The Buyer must inspect the delivered goods immediately in terms of quality and quantity and send us written notification of any defects identified within a week of receiving the goods. Hidden or latent defects must be reported to us in writing within a period of a week of their discovery. The timely sending of the goods is sufficient to comply with the deadline. The Buyer shall bear the full burden of proof and meet all prerequisites for the claim, particularly in terms of the defect itself, the time the defect was discovered and the timely notification of the defect. Our duty of warranty shall expire if the notification of the defect does not take place within the time period or if the Buyer attempts to interfere with the goods.
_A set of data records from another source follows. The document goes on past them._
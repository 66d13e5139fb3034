-- ===== src/Syntax/Lexer/Total/Kinds.antt =====
-- What a token of crates/wsharp-syntax/src/lexer.rs that is not the last is asked to be.
use wsharp.Prelude.{
  ℕ, ◌^◌, ◌≤◌, ◌<◌, ◌≡◌, refl, false, inl, inr, List, [], ◌∷◌, arith, same_list, length, Bool-cases,
}
use wsharp.Prelude.Run.{Run, ok}
use wsharp.Syntax.Token.{TokenKind, int, Token, span_new, keyword, keyword_in, keywords}
use wsharp.Syntax.Lexer.{is_eof}
use wsharp.Syntax.Lexer.State.{Lexer}
use wsharp.Syntax.Lexer.Place.{Fits}
use wsharp.Syntax.Lexer.Text.{or_ident}

module _ {F : Type 0} where
  -- An integer literal fits in 64 bits.
  abbrev pub InRange : TokenKind F → Type 0
  InRange (int n) = n < 2 ^ 64
  InRange _ = Unit

  abbrev pub IsPlain : TokenKind F → Type 0
  IsPlain k = (is_eof k ≡ false) × InRange k

  abbrev AllPlain : List (List ℕ × TokenKind F) → Type 0
  AllPlain [] = Unit
  AllPlain ((w, k) ∷ rest) = IsPlain k × AllPlain rest

  -- A run from `from` that returns a token of the bytes it passed.
  pub record Reads (src : List ℕ) (from : Lexer) (run : Run (Token F × Lexer)) : Type 0 where
    pub token : Token F
    pub after : Lexer
    pub runs : run ≡ ok (token, after)
    pub fits : Fits src 0 after
    pub plain : IsPlain token.kind
    pub starts : token.span.start ≡ from.pos
    pub ends : token.span.end ≡ after.pos
    pub moves : from.pos < after.pos

  pub spanned :
      (src : List ℕ) (from m : Lexer) (k : TokenKind F) (run : Run (Token F × Lexer))
      → length src < 2 ^ 32
      → run ≡ ok (record { kind = k; span = span_new from.pos m.pos }, m)
      → Fits src 0 m
      → IsPlain k
      → from.pos < m.pos
      → Reads src from run
  spanned src from m k run small e f p n =
      let bound : m.pos ≤ length src = omega (arith, f.size) in
      record {
        token = record { kind = k; span = span_new from.pos m.pos };
        after = m;
        runs = e;
        fits = f;
        plain = p;
        starts = ground arith;
        ends = ground arith;
        moves = n;
      }

module _ (F : Type 0) where
  keywords-AllPlain : AllPlain (keywords {F = F})
  keywords-AllPlain = ground arith

  or_ident-IsPlain :
      (word : List ℕ) (table : List (List ℕ × TokenKind F))
      → AllPlain table
      → IsPlain (or_ident word (keyword_in word table))
  or_ident-IsPlain word [] all = (refl, tt)
  or_ident-IsPlain word ((w, k) ∷ rest) (here, all) = elim (Bool-cases (same_list word w)) [
    | inl hit ↦ rw hit here
    | inr miss ↦ rw miss (or_ident-IsPlain word rest all)
  ]

  pub word-IsPlain : (word : List ℕ) → IsPlain {F = F} (or_ident word (keyword word))
  unfolding keyword
  word-IsPlain word = or_ident-IsPlain word keywords keywords-AllPlain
Defects in partial deliveries are not a basis for annulling the entire order or other issued orders or uncompleted orders. The aforementioned terms also apply to deliveries of goods which are different to those provided in the contract. Material defects are not natural wear and tear but rather the condition of the delivery which differs from that as described in the quality agreement as a result of inappropriate handling, storage or assembly, non-adherence to the condition guidelines, inappropriate maintenance, excessive straining or inappropriate use of the delivered items. If the delivered goods are faulty, we are entitled to freely choose whether to repair the goods or send a replacement part. In order to facilitate the decision as to whether or not to repair the goods, the client is obliged to deliver the item to us for free and in the original packaging. Withdrawal, reduction and claims for compensations, particularly including those resulting from loss of profit or other subsequent damages are excluded in this contract. Instead, the client receives the right to claim for repairs and, if this is not possible, the replacement of the parts with defect-free goods. Should we state that we are unable to either repair the goods or offer replacement parts; the client has the right of withdrawal. Any additional claims, particularly those for compensation, are excluded in any case. For independent entrepreneurs, the warranty period is one year from delivery of the goods.

§ 9 Compensation / Liability

Claims for compensation and recuperation of expenses, irrespective of their legal basis, particularly those resulting from breaches of duty in terms of debt obligation and claims under tort law, are excluded. This does not apply in the case of deliberate or gross negligence, deliberate or casual risk to life and limb, breaches of warranty, liability under the Product Liability Law (Produkthaftungsgesetz) or other mandatory legal liability.

§ 10 Rights of Retention and Rights to Set-off

The client shall only have rights of retention and rights to set-off in the case of undisputed or legally established claims.

§ 11 Place of Implementation and Place of Jurisdiction

Place of implementation is Ingolstadt. The company's headquarters in Ingolstadt shall be the place of jurisdiction for all disputes arising from this contract. This also applies to all claims resulting from document and bill change procedures. The law of the German Federal Republic is exclusively valid for dealings between the contracting parties. The use of UN Convention on Contracts for the International Sale of Goods is excluded.

§ 12 Severability

Should one of the aforementioned terms of delivery and payment be or become inoperative, this does not affect the effectiveness of the contract or the other remaining terms. The parties pledge to replace the inoperative term with another which most closely reflects the intended economic purpose of the original term.